The Meaning of Soul

Black Music and Resilience since the 1960s

Book Pages: 232 Illustrations: Published: August 2020

Author: Emily J. Lordi

Subjects
African American Studies and Black Diaspora, American Studies, Music > Popular Music

In The Meaning of Soul, Emily J. Lordi proposes a new understanding of this famously elusive concept. In the 1960s, Lordi argues, soul came to signify a cultural belief in black resilience, which was enacted through musical practices—inventive cover versions, falsetto vocals, ad-libs, and false endings. Through these soul techniques, artists such as Aretha Franklin, Donny Hathaway, Nina Simone, Marvin Gaye, Isaac Hayes, and Minnie Riperton performed virtuosic survivorship and thus helped to galvanize black communities in an era of peril and promise. Their soul legacies were later reanimated by such stars as Prince, Solange Knowles, and Flying Lotus. Breaking with prior understandings of soul as a vague masculinist political formation tethered to the Black Power movement, Lordi offers a vision of soul that foregrounds the intricacies of musical craft, the complex personal and social meanings of the music, the dynamic movement of soul across time, and the leading role played by black women in this musical-intellectual tradition.

Praise

“Emily J. Lordi’s The Meaning of Soul will likely be the most important book I'll read this decade. Lordi reminds us that to hear soul, one must actively listen to the winding ways of black folk.
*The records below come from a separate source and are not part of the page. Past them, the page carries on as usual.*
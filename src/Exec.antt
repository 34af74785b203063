-- ===== src/Exec.antt =====
-- Handlers of the services: actions that read and write the application's state and may throw a
-- NestJS exception. What was written before a throw stays written; `transaction` of State.antt
-- gives the database back.
pub mod Keeps
use Prim.Native.String.{String}
use blocktic_backend.Base.{
  Bool, true, false, ◌≡◌, refl, ◌⊎◌, inl, inr, Option, none, some, List, [], ◌∷◌,
}

-- The exception classes of @nestjs/common that the services and guards throw, with their messages; `failure`
-- is any other error, such as one that a client library throws.
pub data Fault : Type 0 where
  bad_request unauthorized forbidden not_found conflict internal failure : String → Fault

pub data Result (A : Type 0) : Type 0 where
  ok : A → Result A
  err : Fault → Result A

abbrev pub Exec : Type 0 → Type 0 → Type 0
Exec S A = S → Result A × S

module _ {S A : Type 0} where
  unfoldable pub pure : A → Exec S A
  pure a s = (ok a, s)

  unfoldable pub throw : Fault → Exec S A
  throw e s = (err e, s)

  unfoldable pub gets : (view : S → A) → Exec S A
  gets view s = (ok (view s), s)

  abbrev pub recover : Result A → (Fault → Exec S A) → Exec S A
  recover (ok a) h s = (ok a, s)
  recover (err e) h s = h e s

  -- `try { m } catch (e) { h(e) }`
  unfoldable pub try_catch : Exec S A → (Fault → Exec S A) → Exec S A
  try_catch m h s = let (r, s') = m s in recover r h s'

  -- `if (!value) throw e`
  unfoldable pub or_throw : Option A → Fault → Exec S A
  or_throw none e s = (err e, s)
  or_throw (some a) e s = (ok a, s)

unfoldable pub modify : {S : Type 0} → (S → S) → Exec S (Unit {0})
modify f s = (ok tt, f s)

-- `if (test) throw e`
unfoldable pub throw_if : {S : Type 0} → Bool → Fault → Exec S (Unit {0})
throw_if true e s = (err e, s)
throw_if false e s = (ok tt, s)

module _ {S A B : Type 0} where
  abbrev pub resume : Result A → (rest : A → Exec S B) → Exec S B
  resume (err e) rest s = (err e, s)
  resume (ok a) rest s = rest a s

  infixl 10 ◌>>=◌ ◌>>◌
  -- Opening this opens the other ways to build an action too.
  unfoldable pub ◌>>=◌ : (first : Exec S A) (rest : A → Exec S B) → Exec S B
  unfolding throw throw_if or_throw try_catch modify gets pure
  ◌>>=◌ first rest s = let (outcome, after) = first s in resume outcome rest after

  abbrev pub ◌>>◌ : (first : Exec S A) (second : Exec S B) → Exec S B
  first >> second = first >>= λ _. second

-- `for (const a of list) await body(a)`
unfoldable pub for_each : {S A : Type 0} → List A → (A → Exec S (Unit {0})) → Exec S (Unit {0})
unfolding ◌>>=◌
for_each [] body = pure tt
for_each (a ∷ rest) body = body a >>= λ _. for_each rest body

pub Result-cases :
    {A : Type 0} (r : Result A) → ((e : Fault) × (r ≡ err e)) ⊎ ((a : A) × (r ≡ ok a))
Result-cases (ok a) = inr (a, refl)
Result-cases (err e) = inl (e, refl)

module _ {S A B : Type 0} where
  resume-ok :
      (r : Result A) (f : A → Exec S B) (s : S) {b : B}
      → (resume r f s).0 ≡ ok b
      → (a : A) × (r ≡ ok a) × (resume r f s ≡ f a s)
  resume-ok (ok a) f s h = (a, refl, refl)
  resume-ok (err e) f s h = cc

  -- A bind that returns is a first action that returns and the rest from there.
  pub bind-ok :
      (m : Exec S A) (f : A → Exec S B) (s : S) {b : B}
      → ((m >>= f) s).0 ≡ ok b
      → (a : A) × ((m s).0 ≡ ok a) × ((m >>= f) s ≡ f a (m s).1)
  unfolding ◌>>=◌
  bind-ok m f s h = resume-ok (m s).0 f (m s).1 h
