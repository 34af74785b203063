-- ===== src/Entities/Auth.antt =====
-- auth/entities/user.entity.ts, common/decorators/roles.decorator.ts and
-- identity/entities/person.entity.ts.
use blocktic_backend.Base.{ℕ, String, Bool, true, false, Option}

pub data Role : Type 0 where
  user admin : Role

abbrev pub role_eq : Role → Role → Bool
role_eq user user = true
role_eq admin admin = true
role_eq _ _ = false

pub record User : Type 0 where
  pub id : String
  pub phone : String
  pub name : Option String
  pub nickname : Option String
  pub role : Role
  pub person_id : Option String

pub data KycStatus : Type 0 where
  pending id_verified liveness_passed face_matched approved rejected : KycStatus

pub record Person : Type 0 where
  pub id : String
  pub person_id_hash : Option String
  pub kyc_status : KycStatus
  pub face_embedding_ref : Option String
  pub aa_wallet_address : Option String
  pub kyc_attestation_tx_hash : Option String
  pub consent_recorded_at : Option ℕ
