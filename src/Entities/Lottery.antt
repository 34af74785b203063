-- ===== src/Entities/Lottery.antt =====
-- lottery/entities/lottery-entry.entity.ts and draw-result.entity.ts.
use blocktic_backend.Base.{ℕ, String, Bool, true, false, Option}

pub data LotteryEntryStatus : Type 0 where
  pending won lost : LotteryEntryStatus

pub record LotteryEntry : Type 0 where
  pub id : String
  pub event_id : String
  pub user_id : String
  pub zone_id : String
  pub group_size : ℕ
  pub status : LotteryEntryStatus
  pub draw_proof_tx_hash : Option String

abbrev pub is_won : LotteryEntryStatus → Bool
is_won won = true
is_won _ = false

pub record DrawResult : Type 0 where
  pub id : String
  pub event_id : String
  pub vrf_request_id : Option String
  pub random_seed : Option String
  pub draw_proof_tx_hash : Option String
  pub drawn_at : ℕ
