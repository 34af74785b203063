-- ===== src/Entities/Seats.antt =====
-- seat-allocation/entities/seat.entity.ts.
use blocktic_backend.Base.{ℕ, String, Bool, true, false, Option}

pub data SeatStatus : Type 0 where
  available allocated sold used : SeatStatus

abbrev pub seat_status_eq : SeatStatus → SeatStatus → Bool
seat_status_eq available available = true
seat_status_eq allocated allocated = true
seat_status_eq sold sold = true
seat_status_eq used used = true
seat_status_eq _ _ = false

pub record Seat : Type 0 where
  pub id : String
  pub event_id : String
  pub zone_id : String
  pub row : String
  pub seat_number : ℕ
  pub status : SeatStatus
  pub ticket_id : Option String
  pub allocated_at : Option ℕ
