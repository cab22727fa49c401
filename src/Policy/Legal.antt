-- ===== src/Policy/Legal.antt =====
-- The issues of backend/app/policy.py that block a plan, and what their absence from a step says.
use shou_ba_shou_jiaoxue_ai.Prelude.{
  ◌≤◌, String, ◌≡◌, refl, sym, ◌∙◌, Bool, true, false, not, ◌&&◌, ◌||◌, Option, none, some, List,
  [], ◌∷◌, ◌++◌, arith, ==_refl, contains,
}
use shou_ba_shou_jiaoxue_ai.Schemas.{RiskLevel, risk_weight, PlanStep, IssueCode, PolicyIssue}
use shou_ba_shou_jiaoxue_ai.Value.{Fields}
use shou_ba_shou_jiaoxue_ai.Security.Roles.{includes, meets}
use shou_ba_shou_jiaoxue_ai.Approval.Gate.{text_of}
use shou_ba_shou_jiaoxue_ai.Policy.Tools.{ToolSpec}
use shou_ba_shou_jiaoxue_ai.Texts.{contains-add}
use shou_ba_shou_jiaoxue_ai.Policy.Steps.{
  Context, flag, is_blank, step_issues, risk_issues, is_unbound, observes,
  required_observation_fields, automatic_rollback_tools, is_investigation, with_rollback_role,
  with_rollback_risk,
}
use shou_ba_shou_jiaoxue_ai.Policy.Compiler.{has_blocking, add_all}

pub has_blocking-append :
    (xs ys : List PolicyIssue) → has_blocking (xs ++ ys) ≡ has_blocking xs || has_blocking ys
unfolding has_blocking
has_blocking-append [] ys = refl
has_blocking-append (x ∷ xs) ys = ground (arith, has_blocking-append xs ys)

pub has_blocking-flag :
    (b : Bool) (code : IssueCode) (id : Option String) → has_blocking (flag b code id) ≡ b
unfolding has_blocking
has_blocking-flag true code id = refl
has_blocking-flag false code id = refl

pub has_blocking-risk_issues :
    (step : PlanStep) (spec : ToolSpec) → has_blocking (risk_issues step spec) ≡ false
unfolding has_blocking risk_issues
has_blocking-risk_issues step spec = ground arith

pub contains-add_all :
    (z : String) (xs ys : List String) → contains (add_all xs ys) z ≡ contains xs z || contains ys z
unfolding contains add_all
contains-add_all z [] ys = refl
contains-add_all z (x ∷ xs) ys =
    ground (arith, contains-add x z (add_all xs ys), contains-add_all z xs ys)

-- The rollback of a step is the tool of the step itself, allowed to run by itself, with an input that
-- is valid and bound to the incident's experiment.
pub record IsSafeRollback (model_validate : String → Fields → Option Fields) (c : Context)
    (step : PlanStep) : Type 0 where
  pub own_tool : text_of step.rollback.tool_name ≡ step.tool_name
  pub allowed : contains automatic_rollback_tools (text_of step.rollback.tool_name) ≡ true
  pub input : Fields
  pub valid : model_validate (text_of step.rollback.tool_name) step.rollback.tool_input ≡ some input
  pub bound : is_unbound c.experiment_id input ≡ false

-- A step for a registered tool with a valid input: bound to the incident's experiment, reading only
-- during an investigation, resting on evidence that exists (for a write, on an observation), with an
-- observation that its tool asks for, dependencies in the plan, and a criterion of success.
pub record IsLegal (c : Context) (ids : List String) (step : PlanStep) (spec : ToolSpec)
    (input : Fields) : Type 0 where
  pub bound : is_unbound c.experiment_id input ≡ false
  pub reads_only : is_investigation c.phase ≡ true → spec.read_only ≡ true
  pub evidence : includes step.evidence_ids c.allowed_evidence_ids ≡ true
  pub observed : spec.read_only ≡ false → meets c.observation_ids step.evidence_ids ≡ true
  pub applicable :
      is_blank (required_observation_fields step.tool_name)
        || observes c.observation_context (required_observation_fields step.tool_name)
      ≡ true
  pub depends : includes step.depends_on ids ≡ true
  pub checkable : is_blank step.success_criteria ≡ false

pub with_rollback_role-holds :
    (o : Option ToolSpec) (r : String) → contains (with_rollback_role o (r ∷ [])) r ≡ true
unfolding with_rollback_role contains
with_rollback_role-holds none r = ground (arith, ==_refl r)
with_rollback_role-holds (some spec) r =
    ground (arith, contains-add spec.required_role r (r ∷ []), ==_refl r)

pub with_rollback_risk-ge :
    (o : Option ToolSpec) (r : RiskLevel) → risk_weight r ≤ risk_weight (with_rollback_risk o r)
unfolding with_rollback_risk
with_rollback_risk-ge none r = omega arith
with_rollback_risk-ge (some spec) r = ground arith

pub has_blocking-three :
    (a b d : Bool) (x y z : IssueCode) (id : Option String)
    → has_blocking ((flag a x id ++ flag b y id) ++ flag d z id) ≡ a || (b || d)
unfolding has_blocking
has_blocking-three true b d x y z id = refl
has_blocking-three false true d x y z id = refl
has_blocking-three false false true x y z id = refl
has_blocking-three false false false x y z id = refl

has_blocking-step_issues :
    (c : Context) (ids : List String) (step : PlanStep) (spec : ToolSpec) (input : Fields)
    → has_blocking (step_issues c ids step spec input)
      ≡ is_unbound c.experiment_id input
        || (is_investigation c.phase && not spec.read_only
            || (not (includes step.evidence_ids c.allowed_evidence_ids)
                || (not spec.read_only && not (meets c.observation_ids step.evidence_ids)
                    || (not (is_blank (required_observation_fields step.tool_name))
                          && not (
                              observes c.observation_context
                                (required_observation_fields step.tool_name))
                        || (not (includes step.depends_on ids)
                            || is_blank step.success_criteria)))))
unfolding step_issues
has_blocking-step_issues c ids step spec input = simp (has_blocking-append, has_blocking-flag)

pub step_issues-IsLegal :
    (c : Context) (ids : List String) (step : PlanStep) (spec : ToolSpec) (input : Fields)
    → has_blocking (step_issues c ids step spec input) ≡ false
    → IsLegal c ids step spec input
step_issues-IsLegal c ids step spec input h =
    let s = sym (has_blocking-step_issues c ids step spec input) ∙ h in
    record {
      bound = ground (arith, s);
      reads_only = λ p. ground (arith, s);
      evidence = ground (arith, s);
      observed = λ w. ground (arith, s);
      applicable = ground (arith, s);
      depends = ground (arith, s);
      checkable = ground (arith, s);
    }
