-- ===== src/Policy/Accepted.antt =====
-- What an accepted step of backend/app/policy.py satisfies, and what it is compiled to.
use shou_ba_shou_jiaoxue_ai.Prelude.{
  ◌≤◌, String, ◌≡◌, refl, sym, ap, ◌∙◌, Bool, true, false, not, ◌||◌, Option, none, some, List,
  ◌++◌, arith, ◌==◌, eq_of_==, contains,
}
use shou_ba_shou_jiaoxue_ai.Schemas.{RiskLevel, risk_weight, PlanStep, IssueCode}
use shou_ba_shou_jiaoxue_ai.Value.{Fields}
use shou_ba_shou_jiaoxue_ai.Schemas.{
  rollback_tool_mismatch, automatic_rollback_not_allowed, unknown_rollback_tool,
  invalid_rollback_input, rollback_experiment_binding_mismatch,
}
use shou_ba_shou_jiaoxue_ai.Approval.Gate.{text_of}
use shou_ba_shou_jiaoxue_ai.Policy.Tools.{ToolSpec, spec_of, effective_risk, stronger, stronger-ge}
use shou_ba_shou_jiaoxue_ai.Policy.Steps.{
  Context, flag, accepted_step, rollback_of, checked_rollback, step_issues, risk_issues, is_unbound,
  automatic_rollback_tools, is_tool, with_rollback_risk,
}
use shou_ba_shou_jiaoxue_ai.Policy.Compiler.{has_blocking}
use shou_ba_shou_jiaoxue_ai.Policy.Legal.{
  has_blocking-append, with_rollback_role-holds, with_rollback_risk-ge, has_blocking-three,
  step_issues-IsLegal, IsSafeRollback, IsLegal,
}

-- An accepted step and what it is compiled to, under the roles and the risk of the whole plan.
pub record IsCompiled (model_validate : String → Fields → Option Fields) (c : Context)
    (ids : List String) (roles : List String) (risk : RiskLevel) (step step' : PlanStep)
    : Type 0 where
  pub spec : ToolSpec
  pub input : Fields
  pub registered : spec_of step.tool_name ≡ some spec
  pub valid : model_validate step.tool_name step.tool_input ≡ some input
  pub legal : IsLegal c ids step spec input
  pub undo : is_tool step.rollback.mode ≡ true → IsSafeRollback model_validate c step
  pub role : contains roles spec.required_role ≡ true
  pub registered_risk : risk_weight spec.risk ≤ risk_weight risk
  pub declared_risk : risk_weight step.risk ≤ risk_weight risk
  pub compiled : step' ≡ record step {
    risk = effective_risk step;
    tool_input = input;
    rollback = (rollback_of model_validate c step).plan;
  }

module _ (model_validate : String → Fields → Option Fields) (c : Context) where
  rollback-IsSafe :
      (step : PlanStep)
      → has_blocking (checked_rollback model_validate c step).issues ≡ false
      → IsSafeRollback model_validate c step
  unfolding checked_rollback
  rollback-IsSafe step h =
      go (spec_of name) refl (model_validate name step.rollback.tool_input) refl
    where
      name : String
      name = text_of step.rollback.tool_name

      other : Bool
      other = not (text_of step.rollback.tool_name == step.tool_name)

      banned : Bool
      banned = not (contains automatic_rollback_tools (text_of step.rollback.tool_name))

      three :
          (b : Bool) (code : IssueCode)
          → has_blocking (
              (flag other rollback_tool_mismatch (some step.id)
                ++ flag banned automatic_rollback_not_allowed (some step.id))
              ++ flag b code (some step.id))
            ≡ other || (banned || b)
      three b code =
          has_blocking-three other banned b rollback_tool_mismatch automatic_rollback_not_allowed
            code (some step.id)

      go :
          (o : Option ToolSpec)
          → spec_of name ≡ o
          → (v : Option Fields) → model_validate name step.rollback.tool_input ≡ v
          → IsSafeRollback model_validate c step
      go none s v e = absurd (ground (arith, s, h, three true unknown_rollback_tool))
      go (some spec) s none e = absurd (ground (arith, s, e, h, three true invalid_rollback_input))
      go (some spec) s (some input) e =
          let q : other || (banned || is_unbound c.experiment_id input) ≡ false =
            sym (three (is_unbound c.experiment_id input) rollback_experiment_binding_mismatch)
            ∙ ground (arith, s, e, h) in
          record {
            own_tool = eq_of_== name step.tool_name (ground (arith, q));
            allowed = ground (arith, q);
            input = input;
            valid = e;
            bound = ground (arith, q);
          }

  module _ (ids roles : List String) (risk : RiskLevel) where
    pub accepted_step-IsCompiled :
        (step : PlanStep) (spec : ToolSpec) (input : Fields)
        → spec_of step.tool_name ≡ some spec
        → model_validate step.tool_name step.tool_input ≡ some input
        → has_blocking (accepted_step model_validate c ids step spec input).issues ≡ false
        → ((r : String)
            → contains (accepted_step model_validate c ids step spec input).roles r ≡ true
            → contains roles r ≡ true)
        → risk_weight (accepted_step model_validate c ids step spec input).risk ≤ risk_weight risk
        → IsCompiled model_validate c ids roles risk step (record step {
          risk = effective_risk step;
          tool_input = input;
          rollback = (rollback_of model_validate c step).plan;
        })
    unfolding accepted_step rollback_of effective_risk
    accepted_step-IsCompiled step spec input reg val h held strong = record {
      spec = spec;
      input = input;
      registered = reg;
      valid = val;
      legal = step_issues-IsLegal c ids step spec input s;
      undo = λ m. rollback-IsSafe step (ground (arith, m, b));
      role =
          held spec.required_role
            (with_rollback_role-holds (rollback_of model_validate c step).spec spec.required_role);
      registered_risk = omega (arith, fst_le, strong);
      declared_risk = omega (arith, snd_le, strong);
      compiled = refl;
    }
      where
        s : has_blocking (step_issues c ids step spec input) ≡ false
        s = ground (
          arith,
          h,
          has_blocking-append (step_issues c ids step spec input)
              (risk_issues step spec ++ (rollback_of model_validate c step).issues),
        )

        b : has_blocking (rollback_of model_validate c step).issues ≡ false
        b = ground (
          arith,
          h,
          has_blocking-append (step_issues c ids step spec input)
              (risk_issues step spec ++ (rollback_of model_validate c step).issues),
          has_blocking-append (risk_issues step spec) (rollback_of model_validate c step).issues,
        )

        grows :
            risk_weight (effective_risk step)
            ≤ risk_weight
                (with_rollback_risk (rollback_of model_validate c step).spec (effective_risk step))
        grows = with_rollback_risk-ge (rollback_of model_validate c step).spec (effective_risk step)

        eff : effective_risk step ≡ stronger spec.risk step.risk
        eff = ground (arith, reg)

        fst_le :
            risk_weight spec.risk
            ≤ risk_weight
                (with_rollback_risk (rollback_of model_validate c step).spec (effective_risk step))
        fst_le = omega (arith, (stronger-ge spec.risk step.risk).0, grows, ap risk_weight eff)

        snd_le :
            risk_weight step.risk
            ≤ risk_weight
                (with_rollback_risk (rollback_of model_validate c step).spec (effective_risk step))
        snd_le = omega (arith, (stronger-ge spec.risk step.risk).1, grows, ap risk_weight eff)
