-- ===== src/Policy/Acyclic.antt =====
-- The depth-first search of backend/app/policy.py: what it has shown when it ends.
use shou_ba_shou_jiaoxue_ai.Prelude.{
  ℕ, zero, suc, String, ◌≡◌, refl, subst, inl, inr, true, false, List, [], ◌∷◌, arith, ◌==◌,
  eq_of_==, ==_refl, Bool-cases, contains,
}
use shou_ba_shou_jiaoxue_ai.Policy.Cycle.{
  Entry, has_key, needs_of, Visit, cycle, done, out_of_fuel, visit, visit_all,
}

-- x depends on k, and k is a step.
abbrev pub Edge : List Entry → String → String → Type 0
Edge d x k = (contains (needs_of d x) k ≡ true) × (has_key d k ≡ true)

-- A step of which every chain of dependencies ends.
pub data Grounded (d : List Entry) : String → Type 0 where
  grounded : {x : String} → ((k : String) → Edge d x k → Grounded d k) → Grounded d x

-- By one dependency or more.
pub data Reaches (d : List Entry) : String → String → Type 0 where
  edge : {x y : String} → Edge d x y → Reaches d x y
  via : {x y z : String} → Edge d x y → Reaches d y z → Reaches d x z

-- Some step depends on itself.
abbrev pub Cyclic : List Entry → Type 0
Cyclic d = (y : String) × Reaches d y y

abbrev pub AllGrounded : List Entry → List String → Type 0
AllGrounded d xs = (k : String) → contains xs k ≡ true → Grounded d k

extend : {d : List Entry} {x y z : String} → Reaches d x y → Edge d y z → Reaches d x z
extend (edge e) f = via e (edge f)
extend (via e r) f = via e (extend r f)

pub Grounded-irrefl : {d : List Entry} {x : String} → Grounded d x → Reaches d x x → ⊥
Grounded-irrefl (grounded g) (edge e) = Grounded-irrefl (g _ e) (edge e)
Grounded-irrefl (grounded g) (via e r) = Grounded-irrefl (g _ e) (extend r e)

pub Reaches-key : {d : List Entry} {x y : String} → Reaches d x y → has_key d y ≡ true
Reaches-key (edge e) = e.1
Reaches-key (via e r) = Reaches-key r

module _ (d : List Entry) where
  unfoldable pub Keeps : (List String → String → Visit) → Type 0
  Keeps f =
      (visited : List String) (x : String) (v : List String)
      → f visited x ≡ done v
      → AllGrounded d visited
      → AllGrounded d v × Grounded d x

  pub visit_all-Grounded :
      (f : List String → String → Visit)
      → Keeps f
      → (visited ks v : List String) → visit_all d f visited ks ≡ done v
      → AllGrounded d visited
      → AllGrounded d v × ((k : String) → contains ks k ≡ true → has_key d k ≡ true → Grounded d k)
  unfolding visit_all Keeps contains
  visit_all-Grounded f keep visited [] v h a =
      (subst (AllGrounded d) (ground arith) a, λ k c. ground arith)
  visit_all-Grounded f keep visited (k ∷ ks) v h a = elim (Bool-cases (has_key d k)) [
    | inr outside ↦
        let (b, g) = visit_all-Grounded f keep visited ks v (ground (arith, outside, h)) a in
        (b, λ j c key. g j (ground (arith, outside, eq_of_== k j)) key)
    | inl known ↦ go (f visited k) refl known (λ w. visit_all-Grounded f keep w ks v)
  ]
    where
      go :
          (m : Visit)
          → f visited k ≡ m
          → has_key d k ≡ true
          → ((w : List String)
              → visit_all d f w ks ≡ done v
              → AllGrounded d w
              → AllGrounded d v
                × ((j : String) → contains ks j ≡ true → has_key d j ≡ true → Grounded d j))
          → AllGrounded d v
            × ((j : String) → contains (k ∷ ks) j ≡ true → has_key d j ≡ true → Grounded d j)
      go cycle e known rest = absurd (ground (arith, e, known, h))
      go out_of_fuel e known rest = absurd (ground (arith, e, known, h))
      go (done w) e known rest =
          let (b, here) = keep visited k w e a in
          let (c, g) = rest w (ground (arith, e, known, h)) b in
          (
            c,
            λ j t key. elim (Bool-cases (k == j)) [
              | inl same ↦ subst (Grounded d) (eq_of_== k j same) here
              | inr other ↦ g j (ground arith) key
            ],
          )

  pub visit-Grounded : (n : ℕ) (visiting : List String) → Keeps (visit n d visiting)
  unfolding visit Keeps contains
  visit-Grounded zero visiting visited x v h a = ground arith
  visit-Grounded (suc n) visiting visited x v h a = elim (Bool-cases (contains visiting x)) [
    | inl loop ↦ absurd (ground arith)
    | inr new ↦ elim (Bool-cases (contains visited x)) [
      | inl old ↦ (subst (AllGrounded d) (ground arith) a, a x old)
      | inr fresh ↦
          go (visit_all d (visit n d (x ∷ visiting)) visited (needs_of d x)) refl new fresh
            (visit-Grounded n (x ∷ visiting))
    ]
  ]
    where
      go :
          (m : Visit)
          → visit_all d (visit n d (x ∷ visiting)) visited (needs_of d x) ≡ m
          → contains visiting x ≡ false
          → contains visited x ≡ false
          → Keeps (visit n d (x ∷ visiting))
          → AllGrounded d v × Grounded d x
      go cycle e new fresh keep = absurd (ground (arith, e))
      go out_of_fuel e new fresh keep = absurd (ground (arith, e))
      go (done w) e new fresh keep =
          let (b, g) =
            visit_all-Grounded (visit n d (x ∷ visiting)) keep visited (needs_of d x) w e a in
          let here : Grounded d x = grounded (λ k t. g k t.0 t.1) in
          (
            subst (AllGrounded d) {x = x ∷ w} (ground (arith, e)) (λ k t.
                elim (Bool-cases (x == k)) [
                  | inl same ↦ subst (Grounded d) (eq_of_== x k same) here
                  | inr other ↦ b k (ground arith)
                ]),
            here,
          )

  -- Every step on the path reaches x.
  unfoldable pub AllReach : List String → String → Type 0
  AllReach visiting x = (k : String) → contains visiting k ≡ true → Reaches d k x

  pub visit_all-Cyclic :
      (f : List String → String → Visit) (ks : List String)
      → ((visited : List String) (k : String)
          → contains ks k ≡ true
          → has_key d k ≡ true
          → f visited k ≡ cycle
          → Cyclic d)
      → (visited : List String) → visit_all d f visited ks ≡ cycle
      → Cyclic d
  unfolding visit_all contains
  visit_all-Cyclic f [] find visited h = absurd (ground arith)
  visit_all-Cyclic f (k ∷ ks) find visited h = elim (Bool-cases (has_key d k)) [
    | inr outside ↦
        visit_all-Cyclic f ks (λ w j c. find w j (ground arith)) visited
          (ground (arith, outside, h))
    | inl known ↦
        go (f visited k) refl known
          (λ w. visit_all-Cyclic f ks (λ u j c. find u j (ground arith)) w)
  ]
    where
      go :
          (m : Visit)
          → f visited k ≡ m
          → has_key d k ≡ true
          → ((w : List String) → visit_all d f w ks ≡ cycle → Cyclic d)
          → Cyclic d
      go cycle e known rest = find visited k (ground (arith, ==_refl k)) known e
      go out_of_fuel e known rest = absurd (ground (arith, e, known, h))
      go (done w) e known rest = rest w (ground (arith, e, known, h))

  pub visit-Cyclic :
      (n : ℕ) (visiting visited : List String) (x : String)
      → AllReach visiting x
      → visit n d visiting visited x ≡ cycle
      → Cyclic d
  unfolding visit contains AllReach
  visit-Cyclic zero visiting visited x a h = absurd (ground arith)
  visit-Cyclic (suc n) visiting visited x a h = elim (Bool-cases (contains visiting x)) [
    | inl loop ↦ (x, a x loop)
    | inr new ↦
        visit_all-Cyclic (visit n d (x ∷ visiting)) (needs_of d x)
          (λ w k c key e.
            visit-Cyclic n (x ∷ visiting) w k
              (λ j t. elim (Bool-cases (x == j)) [
                | inl same ↦ subst (λ z. Reaches d z k) (eq_of_== x j same) (edge (c, key))
                | inr other ↦ extend (a j (ground arith)) (c, key)
              ])
              e)
          visited (ground arith)
  ]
Lordi is the greatest listener this nation has created, and this book will remind us that liberation starts with black sound.” — Kiese Laymon

“Emily J. Lordi incisively and insightfully takes up the daunting task of resurrecting, dissecting, and disentangling soul’s wide-ranging legacy, spillage, and overlap in black popular culture, black academia, and radical black politics. Her generation-leaping contrasts of the soul and ‘post-soul’ era’s most spiritualized and radicalized avatars from James Brown to Beyoncé serve up poignant and often piquant musicological reveals about classic, epochal recordings of Civil Rights-era and contemporary vintage. Lordi illuminates the evolutionary artistry that ensures the poetics, production, and ethos of soul kulcha sustain staying power as a haunted (and hainted) arbiter of black resilience, resistance, and embattled maroon futurism. With wit, detail, and ruminative verve Lordi narrates and interrogates how the journey of the soul meme’s movements within musical blackness navigates a crossroads full of split desire for both incendiary grassroots action and an infinity of intimate release.” — Greg Tate

“An exquisite work of sound scholarship, The Meaning of Soul offers a new narrative of soul music that compels us to rethink what we have missed about the genre and the political moment it inhabited. It at last articulates a usable, inclusive definition of soul, filling a critical gap in our understanding of black music and sociopolitical experiences in the United States and across the diaspora." — Zandria F. Robinson

"Lordi’s distinct takes on the genre are refreshing, built on close listening to artists like Riperton and Donny Hathaway and explorations of albums that reside outside the soul canon." — Kirkus Reviews

"The Meaning of Soul is a thoughtful, lively journey through rich musical archives that expands the definition of what it
means to be a soul artist." — Rachel Jagareski, Foreword Reviews

"Lordi vividly illustrates that soul artists offer models of black resistance, joy, and community through their songs. This is a must-read for musicologists, critics, and fans of soul." (Starred Review) — Publishers Weekly

"Lordi’s book is essential reading, for she brilliantly guides us to reconsider the meaning of soul and to redefine it." — Henry Carrigan, No Depression

"A strong choice for libraries supporting African American studies or popular American music programs." — Jeffrey Hastings, Library Journal

"Detailing not only the evolution of the genre but of the criticism surrounding it, The Meaning Of Soul is a heartfelt appreciation as well as a welcome addition to the scholarly soul canon." — Michael A Gonzales, The Wire

"Few cultural theorists listen to music this well or joyfully; few critics place their judgments and pleasures within as persuasive a theoretical framework." — Keith Harris, CityPages

"With caring attention to the un(der)theorized musical innovations of Black women in the Soul era, Lordi’s book is able to tease out the everyday musical practices of Soul without evacuating the concept of its broader political implications in resisting the violence of White Supremacy." — Tyler Bunzey, New Black Man (in Exile)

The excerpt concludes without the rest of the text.